*The task*. Return the data below exactly, but only from the line containing "evaluated i (ok" through the line containing "-- An invoice", with both of those lines included.

*Record excerpts*.
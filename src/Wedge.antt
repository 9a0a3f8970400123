-- ===== src/Wedge.antt =====
-- VDPWedgeService of services/vdp_wedge/service.py over the rules engine. `irn_matches` is the regular
-- expression of an IRN (the package re); dates are numbers, amounts hundredths; a fact of the context
-- is printed. The event that `check_kind1` builds is not published, and has no part here.
use Prim.Native.String.{count}
use project_k_platform.Prelude.{
  ℕ, String, ◌≡◌, refl, ◌⊎◌, inl, inr, Bool, true, false, ◌&&◌, ◌||◌, Option, none, some, [], ◌∷◌,
  or_default, nat_beq, arith, eq_iff, Bool-cases, if◌then◌else◌,
}
use project_k_platform.Prelude.Dict.{Dict, lookup, insert, lookup-insert_self}
use project_k_platform.Prelude.Eq.{◌==◌, string_eq, nat_eq}
use project_k_platform.Prelude.Result.{Result, ok, err, key_error, ◌>>=◌}
use project_k_platform.Rules.{Context, ZenResult, EvaluationResult, Engine, evaluate}

pub record InvoiceIngestionRequest : Type 0 where
  pub irn : String
  pub anchor_gstin : String
  pub vendor_gstin : String
  pub amount : ℕ
  pub currency : String
  pub issue_date : ℕ
  pub due_date : ℕ
  pub ims_status : String
  pub repayment_routing_active : Bool

pub record InvoiceIngestionResponse : Type 0 where
  pub invoice_id : ℕ
  pub irn : String
  pub irn_valid : Bool
  pub ims_status : String
  pub kind1_eligible : Bool
  pub kind1_outcome : Option String
  pub kind1_reason : Option String

pub record Kind1CheckResponse : Type 0 where
  pub invoice_id : ℕ
  pub outcome : String
  pub reason : String
  pub ruleset_hash : String

-- The dict of one invoice, and `self._invoices`.
pub record Invoice : Type 0 where
  pub id : ℕ
  pub request : InvoiceIngestionRequest
  pub irn_valid : Bool
  pub gstin_valid : Bool

abbrev pub Invoices : Type 0
Invoices = Dict ℕ Invoice

abbrev pub printed : Bool → String
printed true = "True"
printed false = "False"

abbrev pub kind1_context : Invoice → Context
kind1_context i =
    ("irn_valid", printed i.irn_valid)
    ∷ ("ims_status", i.request.ims_status)
    ∷ ("repayment_routing_active", printed i.request.repayment_routing_active)
    ∷ ("gstin_valid", printed i.gstin_valid)
    ∷ []

abbrev pub new_invoice : (String → Bool) → ℕ → InvoiceIngestionRequest → Invoice
new_invoice irn_matches id request = record {
  id = id;
  request = request;
  irn_valid = irn_matches request.irn;
  gstin_valid = nat_beq (count request.vendor_gstin) 15;
}

-- The three conditions under which the ruleset is evaluated at all.
abbrev pub is_candidate : Invoice → Bool
is_candidate i =
    i.irn_valid
    && ((i.request.ims_status == "accepted" || i.request.ims_status == "deemed_accepted")
        && i.request.repayment_routing_active)

abbrev pub is_pass : Option String → Bool
is_pass none = false
is_pass (some outcome) = outcome == "pass"

abbrev pub ingested : Invoice → Option String → Option String → InvoiceIngestionResponse
ingested i outcome reason = record {
  invoice_id = i.id;
  irn = i.request.irn;
  irn_valid = i.irn_valid;
  ims_status = i.request.ims_status;
  kind1_eligible = is_pass outcome;
  kind1_outcome = outcome;
  kind1_reason = reason;
}

abbrev pub checked : Invoice → EvaluationResult → Kind1CheckResponse
checked i r = record {
  invoice_id = i.id;
  outcome = or_default r.output.outcome "error";
  reason = or_default r.output.reason "evaluation_error";
  ruleset_hash = r.ruleset_hash;
}

module _ (irn_matches : String → Bool) (zen : String → Context → Option ZenResult)
    (sha256 : String → String) (engine : Engine) where
  unfoldable pub evaluate_kind1 : Invoice → Result EvaluationResult
  evaluate_kind1 i = evaluate zen sha256 engine "d0-kind1-gate" (kind1_context i)

  abbrev pub answer_ingestion : Invoice → Result EvaluationResult → Result InvoiceIngestionResponse
  answer_ingestion i (ok r) = ok (ingested i r.output.outcome r.output.reason)
  answer_ingestion i (err e) = err e

  -- The invoice is stored before the ruleset is evaluated, and stays if the evaluation raises.
  unfoldable pub ingest_invoice :
      ℕ → InvoiceIngestionRequest → Invoices → Result InvoiceIngestionResponse × Invoices
  unfolding evaluate_kind1
  ingest_invoice id request invoices =
      let i = new_invoice irn_matches id request in
      (
        if is_candidate i then answer_ingestion i (evaluate_kind1 i) else ok (ingested i none none),
        insert id i invoices,
      )

  abbrev pub check_found : Option Invoice → Result Kind1CheckResponse
  check_found none = err (key_error "Invoice not found")
  check_found (some i) = do r ← evaluate_kind1 i; ok (checked i r)

  unfoldable pub check_kind1 : ℕ → Invoices → Result Kind1CheckResponse
  unfolding evaluate_kind1
  check_kind1 id invoices = check_found (lookup id invoices)

  passing : (o : Option String) → is_pass o ≡ true → or_default o "error" ≡ "pass"
  passing none h = cc
  passing (some s) h = (eq_iff s "pass").0 h

  evaluated :
      (i : Invoice) (e : Result EvaluationResult) (r : InvoiceIngestionResponse)
      → answer_ingestion i e ≡ ok r
      → r.kind1_eligible ≡ true
      → (x : EvaluationResult) × (e ≡ ok x) × ((checked i x).outcome ≡ "pass")
  evaluated i (err x) r h k = cc
  evaluated i (ok x) r h k = (x, refl, passing x.output.outcome (ground arith))

  eligible-checked :
      (i : Invoice) (e : Result EvaluationResult) (r : InvoiceIngestionResponse)
      → (if is_candidate i then answer_ingestion i e else ok (ingested i none none)) ≡ ok r
      → r.kind1_eligible ≡ true
      → (is_candidate i ≡ true)
        × ((x : EvaluationResult) × (e ≡ ok x) × ((checked i x).outcome ≡ "pass"))
  eligible-checked i e r h k = elim (Bool-cases (is_candidate i)) [
    | inr q ↦ ground arith
    | inl q ↦ (q, evaluated i e r (ground arith) k)
  ]

-- An invoice that ingestion calls eligible has a matching IRN, is accepted or deemed accepted and has
-- its repayments routed; and a later check of it, with the same engine, answers "pass".
pub ingest_invoice-check_kind1 :
    (irn_matches : String → Bool) (zen : String → Context → Option ZenResult)
    (sha256 : String → String) (engine : Engine) (id : ℕ) (request : InvoiceIngestionRequest)
    (invoices : Invoices) {r : InvoiceIngestionResponse}
    → (ingest_invoice irn_matches zen sha256 engine id request invoices).0 ≡ ok r
    → r.kind1_eligible ≡ true
    → (irn_matches request.irn ≡ true)
      × ((request.ims_status ≡ "accepted") ⊎ (request.ims_status ≡ "deemed_accepted"))
      × (request.repayment_routing_active ≡ true)
      × (answer : Kind1CheckResponse) × (check_kind1 irn_matches zen sha256 engine id
            (ingest_invoice irn_matches zen sha256 engine id request invoices).1
          ≡ ok answer)
      × (answer.outcome ≡ "pass")
unfolding ingest_invoice check_kind1
ingest_invoice-check_kind1 irn_matches zen sha256 engine id request invoices {r} h k =
    let i = new_invoice irn_matches id request in
    let (candidate, (x, e, pass)) =
      eligible-checked irn_matches zen sha256 engine i
        (evaluate_kind1 irn_matches zen sha256 engine i) r h k in
    (
      ground arith,
      ground (
        arith,
        eq_iff request.ims_status "accepted",
        eq_iff request.ims_status "deemed_accepted",
      ),
      ground arith,
      checked i x,
      rw (lookup-insert_self id i invoices, e),
      pass,
    )
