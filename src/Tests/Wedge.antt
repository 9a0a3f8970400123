-- ===== src/Tests/Wedge.antt =====
-- An eligible invoice, with an engine that passes everything.
use project_k_platform.Prelude.{String, ◌≡◌, ◌⊎◌, refl, Bool, true, Option, none, some, [], ◌∷◌}
use project_k_platform.Prelude.Result.{ok}
use project_k_platform.Rules.{Context, Output, ZenResult, dict_result, Engine, evaluate}
use project_k_platform.Wedge.{
  InvoiceIngestionRequest, InvoiceIngestionResponse, Kind1CheckResponse, ingest_invoice,
  check_kind1, evaluate_kind1, ingest_invoice-check_kind1,
}

abbrev passing : Output
passing = record { outcome = some "pass"; reason = none; matched_lender_ids = none }

abbrev zen : String → Context → Option ZenResult
zen content context = some (dict_result (some passing))

abbrev engine_one : Engine
engine_one = record {
  engines = ("d0-kind1-gate", "{}") ∷ [];
  hashes = ("d0-kind1-gate", "h") ∷ [];
  engine_version = "v";
}

abbrev matches : String → Bool
matches irn = true

abbrev request_one : InvoiceIngestionRequest
request_one = record {
  irn = "ab";
  anchor_gstin = "27BBBBB0000B1Z5";
  vendor_gstin = "29AAAAA0000A1Z5";
  amount = 100;
  currency = "INR";
  issue_date = 1;
  due_date = 2;
  ims_status = "accepted";
  repayment_routing_active = true;
}

abbrev response_one : InvoiceIngestionResponse
response_one = record {
  invoice_id = 1;
  irn = "ab";
  irn_valid = true;
  ims_status = "accepted";
  kind1_eligible = true;
  kind1_outcome = some "pass";
  kind1_reason = none;
}

ingested_one : (ingest_invoice matches zen (λ t. t) engine_one 1 request_one []).0 ≡ ok response_one
unfolding ingest_invoice evaluate_kind1 evaluate
ingested_one = refl

ingest_invoice-check_kind1_example :
    (matches "ab" ≡ true)
    × ((request_one.ims_status ≡ "accepted") ⊎ (request_one.ims_status ≡ "deemed_accepted"))
    × (request_one.repayment_routing_active ≡ true)
    × (answer : Kind1CheckResponse) × (check_kind1 matches zen
          (λ t. t)
          engine_one
          1
          (ingest_invoice matches zen (λ t. t) engine_one 1 request_one []).1
        ≡ ok answer)
    × (answer.outcome ≡ "pass")
ingest_invoice-check_kind1_example =
    ingest_invoice-check_kind1 matches zen (λ t. t) engine_one 1 request_one [] ingested_one refl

*Solution for this problem*.
  evaluated i (ok x) r h k = (x, refl, passing x.output.outcome (ground arith))

  eligible-checked :
      (i : Invoice) (e : Result EvaluationResult) (r : InvoiceIngestionResponse)
      → (if is_candidate i then answer_ingestion i e else ok (ingested i none none)) ≡ ok r
      → r.kind1_eligible ≡ true
      → (is_candidate i ≡ true)
        × ((x : EvaluationResult) × (e ≡ ok x) × ((checked i x).outcome ≡ "pass"))
  eligible-checked i e r h k = elim (Bool-cases (is_candidate i)) [
    | inr q ↦ ground arith
    | inl q ↦ (q, evaluated i e r (ground arith) k)
  ]

-- An invoice that ingestion calls eligible has a matching IRN, is accepted or deemed accepted and has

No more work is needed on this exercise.